Heat oil on medium. Add chopped onion, cook 2 minutes. Add ham and garlic. Cook, stirring for 1 minute.
Add broth, raise heat to high. Add 1/2 c water. Stir in Worcestershire sauce, pepper and basil. Bring to a boil
Add rice, stir and reduce heat to low. Cover and simmer till rice is tender, about 20 minutes.
While rice cooks, drain and rinse blackeyed peas; set aside.
When rice is done, add peas and tomatoes with juice. Cook, stirring till thoroughly mixed.
Serve


----------



## aj47 (Apr 14, 2014)

Pops is looking for things without rice/pasta.  How's this?

*Thyme Garlic Chicken*

*Ingredients*



3 - 4 boneless chicken breast halves
6 cloves garlic, minced
1 1/2 teaspoons dried thyme, crushed
1/2 teaspoon salt
1/4 cup orange juice
1 tablespoon balsamic vinegar
*
Preparation*



Remove and discard skin from chicken. Sprinkle chicken with garlic, thyme, and salt. Place chicken in 3 1/2- or 4-quart slow cooker. Pour orange juice and vinegar over chicken.
Cover and cook on low-heat setting for 6 to 7 hours or on high-heat setting for 3 to 3-1/2 hours. Remove chicken from slow cooker; cover and keep warm. Discard cooking juices.

We usually have this with a veggie.  It's very, very tasty.


----------



## A_Jones (Apr 14, 2014)

Oven roasted spiced apple and sake chicken. 


What you need:
1. 1/2 cup pure applesauce
2. 1/2 teaspoon of cinnamon 
3.1/4 cup of Gekkigan Sake
4. One large apple
5. A small chicken
6. butter

Preparation:

preheat oven at 425.
Remove chicken innards and set aside.  Lay chicken in a crock or roaster breast up.  Slather with butter. Dust with salt and pepper.

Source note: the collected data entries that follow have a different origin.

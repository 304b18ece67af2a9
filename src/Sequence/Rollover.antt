-- ===== src/Sequence/Rollover.antt =====
-- What the 15-bit rollover does to late packets, and what `Contains` answers.
use atem_esp_idf.Prelude.{ℕ, ◌+◌, ◌-◌, ◌%◌, ◌≤◌, ◌<◌, ◌≡◌, inl, inr, none, true, arith, u16, ◌↔◌}
use atem_esp_idf.Prelude.Bits.{bit_and-mask}
use atem_esp_idf.Sequence.{SequenceCheck, add, get_missing, contains}
use atem_esp_idf.Sequence.Window.{IsValid}
use atem_esp_idf.Sequence.Add.{distance}
use atem_esp_idf.Sequence.Cases.{add_far}
use atem_esp_idf.Sequence.Missing.{Oldest, get_missing-Oldest}

-- Where the ids have rolled over between a lost packet and the head, the id that `GetMissing` asks
-- for lies above the head; when that packet comes, `Add` shifts by 32 or more.
pub add-get_missing_rollover :
    (s : SequenceCheck)
    → IsValid s
    → s.offset < get_missing s
    → get_missing s < 32768
    → add s (get_missing s) ≡ none
add-get_missing_rollover s v above fits =
    add_far s (get_missing s) v fits
      (omega (arith, v.offset_fits, far (get_missing s) fits above (get_missing-Oldest s v)))
      (inr above)
  where
    far : (m : ℕ) → m < 32768 → s.offset < m → Oldest s 31 m → 32 ≤ distance s m
    far m fits above (inl (all, q)) = absurd (omega arith)
    far m fits above (inr (i, pos, le, miss, newer, q)) = omega (arith, v.offset_fits)

contains_iff :
    (s : SequenceCheck) (id : ℕ)
    → IsValid s
    → id < 32768
    → (contains s id ≡ true) ↔ ((s.offset + 32768 - id) % 32768 < 32)
unfolding contains
contains_iff s id v h = ground (arith, bit_and-mask 15 (u16 (s.offset + 65536 - id)), v.offset_fits)

-- `Contains` does not tell whether an id was received: where `GetMissing` reports an id as missing,
-- `Contains` answers true for it.
pub contains-get_missing :
    (s : SequenceCheck) → IsValid s → get_missing s < 32768 → contains s (get_missing s) ≡ true
contains-get_missing s v fits =
    (contains_iff s (get_missing s) v fits).1 (near (get_missing s) (get_missing-Oldest s v) fits)
  where
    near : (m : ℕ) → Oldest s 31 m → m < 32768 → (s.offset + 32768 - m) % 32768 < 32
    near m (inl (all, q)) fits = absurd (omega arith)
    near m (inr (i, pos, le, miss, newer, q)) fits = omega (arith, v.offset_fits)
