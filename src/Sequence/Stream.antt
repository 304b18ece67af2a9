-- ===== src/Sequence/Stream.antt =====
-- A stream of packets in order, over any number of rollovers of the 15-bit ids.
use atem_esp_idf.Prelude.{
  ℕ, zero, suc, ◌+◌, ◌-◌, ◌%◌, ◌<◌, ◌≡◌, refl, ap, subst, ◌∙◌, ◌⊎◌, inl, inr, Bool, Option, some,
  true, Bool-cases, arith, ◌>>=◌, List, [], ◌∷◌, replicate,
}
use atem_esp_idf.Prelude.Bits.{bit, bit_all_ones}
use atem_esp_idf.Sequence.{SequenceCheck, init, add, get_missing, nothing_missing}
use atem_esp_idf.Sequence.Window.{IsValid}
use atem_esp_idf.Sequence.Add.{distance, AddsAhead, add-ahead}
use atem_esp_idf.Sequence.Missing.{get_missing-Oldest}

-- `Add` on one id after the other, with its results.
unfoldable pub add_all : SequenceCheck → List ℕ → Option (List Bool × SequenceCheck)
add_all s [] = some ([], s)
add_all s (id ∷ ids) = do
  (fresh, s') ← add s id
  (results, end) ← add_all s' ids
  some (fresh ∷ results, end)

-- `n` ids in a row, from `id`.
abbrev pub ids_from : ℕ → ℕ → List ℕ
ids_from id zero = []
ids_from id (suc n) = id ∷ ids_from ((id + 1) % 32768) n

-- All ids of the window but perhaps the head are received, and `next` is the one to come.
record IsInOrder (s : SequenceCheck) (next : ℕ) : Type 0 where
  valid : IsValid s
  next_fits : next < 32768
  older : (j : ℕ) → 0 < j → j < 32 → bit s.received j ≡ 1
  newest :
      ((bit s.received 0 ≡ 1) × (distance s next ≡ 1))
      ⊎ ((bit s.received 0 ≡ 0) × (distance s next ≡ 0))

-- What one `Add` of the next id leaves.
record Steps (s : SequenceCheck) (next : ℕ) : Type 0 where
  after : SequenceCheck
  returns : add s next ≡ some (true, after)
  in_order : IsInOrder after ((next + 1) % 32768)

all_received :
    (s : SequenceCheck) (next : ℕ)
    → IsInOrder s next
    → bit s.received 0 ≡ 1
    → (j : ℕ) → j < 32
    → bit s.received j ≡ 1
all_received s next o e zero h = e
all_received s next o e (suc j) h = o.older (suc j) (omega arith) h

Steps-new :
    (s : SequenceCheck) (next d : ℕ)
    → IsInOrder s next
    → (r : AddsAhead s next d (add s next))
    → ((bit s.received 0 ≡ 1) × (d ≡ 1)) ⊎ ((bit s.received 0 ≡ 0) × (d ≡ 0))
    → Steps s next
Steps-new s next d o r side = record {
  after = r.after;
  returns = r.returns ∙ ap (λ b. some (b, r.after)) is_new;
  in_order = record {
    valid = r.valid;
    next_fits = omega arith;
    older = λ j pos lt. older side j pos lt;
    newest = inl (r.recorded, omega (arith, r.head, o.next_fits));
  };
}
  where
    is_new : r.fresh ≡ true
    is_new = elim (Bool-cases r.fresh) [
      | inl e ↦ e
      | inr e ↦ absurd (omega (arith, side, r.fresh_iff.0 e))
    ]

    older :
        ((bit s.received 0 ≡ 1) × (d ≡ 1)) ⊎ ((bit s.received 0 ≡ 0) × (d ≡ 0))
        → (j : ℕ) → 0 < j
        → j < 32
        → bit r.after.received j ≡ 1
    older (inl (b, e)) j pos lt =
        let at : d + (j - 1) ≡ j = omega arith in
        subst (λ i. bit r.after.received i ≡ 1) at
          (r.kept (j - 1) (omega arith) (omega arith)
            ∙ all_received s next o b (j - 1) (omega arith))
    older (inr (b, e)) j pos lt =
        let at : d + j ≡ j = omega arith in
        subst (λ i. bit r.after.received i ≡ 1) at
          (r.kept j (omega arith) (omega arith) ∙ o.older j pos lt)

step_in_order : (s : SequenceCheck) (next : ℕ) → IsInOrder s next → Steps s next
step_in_order s next o =
    Steps-new s next (distance s next) o
      (add-ahead s next o.valid o.next_fits (omega (arith, o.newest))) o.newest

in_order_missing :
    (s : SequenceCheck) (next : ℕ) → IsInOrder s next → get_missing s ≡ nothing_missing
in_order_missing s next o = elim (get_missing-Oldest s o.valid) [
  | inl p ↦ p.1
  | inr (i, pos, le, miss, newer, q) ↦ absurd (omega (arith, o.older i pos (omega arith)))
]

stream :
    (n id : ℕ) (s : SequenceCheck)
    → IsInOrder s id
    → (s' : SequenceCheck) × (add_all s (ids_from id n) ≡ some (replicate n true, s'))
      × (get_missing s' ≡ nothing_missing)
unfolding add_all
stream zero id s o = (s, refl, in_order_missing s id o)
stream (suc n) id s o =
    let r = step_in_order s id o in
    let rest = stream n ((id + 1) % 32768) r.after r.in_order in
    (rest.0, rw (r.returns, rest.1) refl, rest.2)

init-IsInOrder : IsInOrder init 1
init-IsInOrder = record {
  valid = record { offset_fits = omega arith; received_fits = omega arith };
  next_fits = omega arith;
  older = λ j pos lt. older j pos lt;
  newest = inr (refl, omega arith);
}
  where
    older : (j : ℕ) → 0 < j → j < 32 → bit init.received j ≡ 1
    older zero pos lt = absurd (omega arith)
    older (suc j) pos lt = bit_all_ones 31 j (omega arith)

-- From a new connection, any number of packets whose ids come in order, from 1 and with 0 after
-- 32767, are each called new, and nothing is missing after them.
pub add_all-in_order :
    (n : ℕ)
    → (s : SequenceCheck) × (add_all init (ids_from 1 n) ≡ some (replicate n true, s))
      × (get_missing s ≡ nothing_missing)
add_all-in_order n = stream n 1 init init-IsInOrder
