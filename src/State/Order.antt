-- ===== src/State/Order.antt =====
-- How `AtemState::Set` orders changes: by the `int16_t` order of packet ids.
use atem_esp_idf.Prelude.{◌≤◌, ◌<◌, ◌≡◌, ◌≢◌, ◌⊎◌, true, false, arith, bias}
use atem_esp_idf.Sequence.{SequenceCheck}
use atem_esp_idf.State.{AtemState, unset, set, put, is_valid}

module _ {T : Type 0} where
  -- Changes by packets of different ids end in the same object in whatever order they come.
  pub put_comm :
      (a : AtemState T) (p q : SequenceCheck) (v w : T)
      → p.last_id < 65536
      → q.last_id < 65536
      → p.last_id ≢ q.last_id
      → put (put a p v) q w ≡ put (put a q w) p v
  unfolding put set
  put_comm a p q v w hp hq ne = ground arith

  -- `Set` takes the value exactly if the packet's id is not below the id of the last change, as
  -- `int16_t` numbers; then the object holds the value and that id, and else it stays.
  pub set_lem :
      (a : AtemState T) (p : SequenceCheck) (v : T)
      → ((set a p v).0 ≡ true
          × (bias a.last_change_id ≤ bias p.last_id)
          × (set a p v).1.state ≡ v
          × (set a p v).1.last_change_id ≡ p.last_id)
        ⊎ ((set a p v).0 ≡ false × (bias p.last_id < bias a.last_change_id) × (set a p v).1 ≡ a)
  unfolding set
  set_lem a p v = ground arith

  -- An object that is not set yet takes any value, and is valid after a packet with a 15-bit id.
  pub set-unset :
      (d v : T) (p : SequenceCheck)
      → p.last_id < 32768
      → ((set (unset d) p v).0 ≡ true) × (is_valid (set (unset d) p v).1 ≡ true)
  unfolding set is_valid
  set-unset d v p h = ground arith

Mix the cinnamon, sake, and spices together and slather over chicken. 

Half the apple and place one half within the chicken facing up.  Slice the rest of the apple into pieces and place along the chicken breast.   Cook for an hour, or until the inner thy juices run clear. 

Serve with steamed carrots and mashed potatoes.


----------



## aj47 (Apr 14, 2014)

Yum, I'll have to try that.  My kids love fruity meaty things.


----------



## A_Jones (Apr 14, 2014)

I want to try it with orange and green tea.


----------



## Bard_Daniel (Apr 15, 2014)

I can barely cook Kraft Dinner.


----------



## Ari (Apr 15, 2014)

Cooking with sake!  What's Kraft Dinner?

In my kitchen there is:
1. half a bag of rolled oats
2. dried chickpeas
3. a packet of those awful biscuits that look like they've got dead flies in them but it's actually fig and sultana
4. five flavour sachets from instant noodle packets
5. a large variety of tea

What's for dinner? That is a very good question.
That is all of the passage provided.